(Data for processing begins)
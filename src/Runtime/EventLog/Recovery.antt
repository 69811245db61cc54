-- ===== src/Runtime/EventLog/Recovery.antt =====
-- `EventLog::open`: the torn tail is cut off, and the rest is read line by line. What serde_json
-- reads from a line is a parameter (`decode`).
pub mod Bytes
pub mod Image
use littleorgans.Base.{
  ℕ, suc, ◌+◌, Bool, true, false, not, ◌&&◌, ◌||◌, Option, none, some, List, [], ◌∷◌, ◌++◌, ltb,
  ◌==◌, if◌then◌else◌, get_last?, take, ◌≡◌,
}
use littleorgans.Base.Exec.{Result, ok, err}
use littleorgans.Base.Text.{is_empty}
use littleorgans.Runtime.Failure.{Failure, io, decode}
use littleorgans.Runtime.EventLog.{
  EventLogEntry, EventLogKey, EventLog, from_event, saturating_add, newline, image,
}

-- One more than the position of the last newline, or 0.
pub after_last_newline : List ℕ → ℕ
after_last_newline [] = 0
after_last_newline (b ∷ bs) =
    let rest = after_last_newline bs in
    if ltb 0 rest then suc rest else if b == newline then 1 else 0

abbrev pub ends_in_newline : Option ℕ → Bool
ends_in_newline none = true
ends_in_newline (some b) = b == newline

pub recover_partial_tail : List ℕ → List ℕ
unfolding after_last_newline
recover_partial_tail bytes =
    if ends_in_newline (get_last? bytes) then bytes else take (after_last_newline bytes) bytes

-- `BufRead::lines`: a line loses its newline and one carriage return before it.
abbrev carriage_return : ℕ
carriage_return = 13

pub strip_carriage_return : List ℕ → List ℕ
strip_carriage_return [] = []
strip_carriage_return (b ∷ []) = if b == carriage_return then [] else b ∷ []
strip_carriage_return (b ∷ (c ∷ bs)) = b ∷ strip_carriage_return (c ∷ bs)

-- `line` holds the bytes of the line so far.
pub lines_from : List ℕ → List ℕ → List (List ℕ)
unfolding strip_carriage_return
lines_from line [] = if is_empty line then [] else line ∷ []
lines_from line (b ∷ bs) = elim (b == newline) [
  | true ↦ strip_carriage_return line ∷ lines_from [] bs
  | false ↦ lines_from (line ++ b ∷ []) bs
]

abbrev pub next_after : List EventLogEntry → ℕ
next_after [] = 1
next_after (e ∷ []) = saturating_add e.seq 1
next_after (e ∷ (f ∷ es)) = next_after (f ∷ es)

abbrev pub keys_of : List EventLogEntry → List EventLogKey
keys_of [] = []
keys_of (e ∷ es) = from_event e.event ∷ keys_of es

-- The state that `open` builds: `now` is the reading of the monotonic clock.
abbrev pub opened : ℕ → List ℕ → Result Failure (List EventLogEntry) → Result Failure EventLog
opened now bytes (err e) = err e
opened now bytes (ok es) = ok (record {
  disk = bytes;
  linked = true;
  events = es;
  seen_event_keys = keys_of es;
  next_seq = next_after es;
  events_since_sync = 0;
  last_sync = now;
})

module _ (parse : List ℕ → Option EventLogEntry) where
  pub read_lines : List (List ℕ) → Result Failure (List EventLogEntry)
  read_lines [] = ok []
  read_lines (line ∷ rest) = elim (parse line) [
    | none ↦ err decode
    | some entry ↦ elim (read_lines rest) [ ok es ↦ ok (entry ∷ es) | err e ↦ err e ]
  ]

  pub read_entries : List ℕ → Result Failure (List EventLogEntry)
  unfolding lines_from read_lines
  read_entries bytes = read_lines (lines_from [] bytes)

  -- `file_ok` says that the calls to the operating system go through.
  pub open_log : Bool → ℕ → List ℕ → Result Failure EventLog
  unfolding recover_partial_tail read_entries
  open_log file_ok now bytes =
      if not file_ok
      then err io
      else opened now (recover_partial_tail bytes) (read_entries (recover_partial_tail bytes))
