-- ===== src/Runtime/EventLog/Recovery/Bytes.antt =====
-- Bytes of a log: the last newline, and the lines between newlines.
use mathlib.Core.List.{append_assoc, append-nil}
use littleorgans.Base.{
  ℕ, ◌<◌, ◌≡◌, refl, ◌∙◌, false, some, List, [], ◌∷◌, ◌++◌, arith, length, take, get_last?, All,
  ◌==◌, length-append,
}
use littleorgans.Runtime.EventLog.{newline}
use littleorgans.Runtime.EventLog.Recovery.{after_last_newline, strip_carriage_return, lines_from}

-- No control character, so no newline and no carriage return.
abbrev pub Printable : List ℕ → Type 0
Printable = All (λ b. 31 < b)

pub take-append : (xs ys : List ℕ) → take (length xs) (xs ++ ys) ≡ xs
take-append [] ys = refl
take-append (x ∷ xs) ys = rw (take-append xs ys)

after_last_newline-torn : (torn : List ℕ) → Printable torn → after_last_newline torn ≡ 0
unfolding after_last_newline
after_last_newline-torn [] p = refl
after_last_newline-torn (b ∷ bs) p = ground (arith, after_last_newline-torn bs p.1)

pub after_last_newline-append :
    (xs torn : List ℕ) → Printable torn → after_last_newline (xs ++ torn) ≡ after_last_newline xs
unfolding after_last_newline
after_last_newline-append [] torn p = after_last_newline-torn torn p
after_last_newline-append (x ∷ xs) torn p = rw (after_last_newline-append xs torn p)

-- A text whose rest is complete lines ends in a newline.
pub after_last_newline-line :
    (xs rest : List ℕ)
    → after_last_newline rest ≡ length rest
    → after_last_newline (xs ++ (newline ∷ rest)) ≡ length (xs ++ (newline ∷ rest))
unfolding after_last_newline
after_last_newline-line [] rest h = ground arith
after_last_newline-line (x ∷ xs) rest h =
    ground (arith, after_last_newline-line xs rest h, length-append xs (newline ∷ rest))

pub get_last?-torn :
    (xs : List ℕ) (t : ℕ) (ts : List ℕ)
    → Printable (t ∷ ts)
    → (b : ℕ) × (get_last? (xs ++ (t ∷ ts)) ≡ some b) × (31 < b)
get_last?-torn [] t [] p = (t, refl, p.0)
get_last?-torn [] t (u ∷ ts) p = get_last?-torn [] u ts p.1
get_last?-torn (x ∷ []) t ts p = get_last?-torn [] t ts p
get_last?-torn (x ∷ (y ∷ xs)) t ts p = get_last?-torn (y ∷ xs) t ts p

pub strip_carriage_return-Printable :
    (line : List ℕ) → Printable line → strip_carriage_return line ≡ line
unfolding strip_carriage_return
strip_carriage_return-Printable [] p = refl
strip_carriage_return-Printable (b ∷ []) p = ground arith
strip_carriage_return-Printable (b ∷ (c ∷ bs)) p = rw (strip_carriage_return-Printable (c ∷ bs) p.1)

pub lines_from-line :
    (line xs rest : List ℕ)
    → Printable xs
    → lines_from line (xs ++ (newline ∷ rest))
      ≡ strip_carriage_return (line ++ xs) ∷ lines_from [] rest
unfolding lines_from
lines_from-line line [] rest p = rw append-nil
lines_from-line line (x ∷ xs) rest p =
    let other : (x == newline) ≡ false = ground arith in
    let step = lines_from-line (line ++ x ∷ []) xs rest p.1 in
    rw (other, lines_from) (step ∙ rw append_assoc refl)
(Data for processing ends)
What the task requires: Take the records above and return, word for word, only the lines that fall from the line with "carriage_return = 13" to the line with "then err io", both of them included.

Output:
carriage_return = 13

pub strip_carriage_return : List ℕ → List ℕ
strip_carriage_return [] = []
strip_carriage_return (b ∷ []) = if b == carriage_return then [] else b ∷ []
strip_carriage_return (b ∷ (c ∷ bs)) = b ∷ strip_carriage_return (c ∷ bs)

-- `line` holds the bytes of the line so far.
pub lines_from : List ℕ → List ℕ → List (List ℕ)
unfolding strip_carriage_return
lines_from line [] = if is_empty line then [] else line ∷ []
lines_from line (b ∷ bs) = elim (b == newline) [
  | true ↦ strip_carriage_return line ∷ lines_from [] bs
  | false ↦ lines_from (line ++ b ∷ []) bs
]

abbrev pub next_after : List EventLogEntry → ℕ
next_after [] = 1
next_after (e ∷ []) = saturating_add e.seq 1
next_after (e ∷ (f ∷ es)) = next_after (f ∷ es)

abbrev pub keys_of : List EventLogEntry → List EventLogKey
keys_of [] = []
keys_of (e ∷ es) = from_event e.event ∷ keys_of es

-- The state that `open` builds: `now` is the reading of the monotonic clock.
abbrev pub opened : ℕ → List ℕ → Result Failure (List EventLogEntry) → Result Failure EventLog
opened now bytes (err e) = err e
opened now bytes (ok es) = ok (record {
  disk = bytes;
  linked = true;
  events = es;
  seen_event_keys = keys_of es;
  next_seq = next_after es;
  events_since_sync = 0;
  last_sync = now;
})

module _ (parse : List ℕ → Option EventLogEntry) where
  pub read_lines : List (List ℕ) → Result Failure (List EventLogEntry)
  read_lines [] = ok []
  read_lines (line ∷ rest) = elim (parse line) [
    | none ↦ err decode
    | some entry ↦ elim (read_lines rest) [ ok es ↦ ok (entry ∷ es) | err e ↦ err e ]
  ]

  pub read_entries : List ℕ → Result Failure (List EventLogEntry)
  unfolding lines_from read_lines
  read_entries bytes = read_lines (lines_from [] bytes)

  -- `file_ok` says that the calls to the operating system go through.
  pub open_log : Bool → ℕ → List ℕ → Result Failure EventLog
  unfolding recover_partial_tail read_entries
  open_log file_ok now bytes =
      if not file_ok
      then err io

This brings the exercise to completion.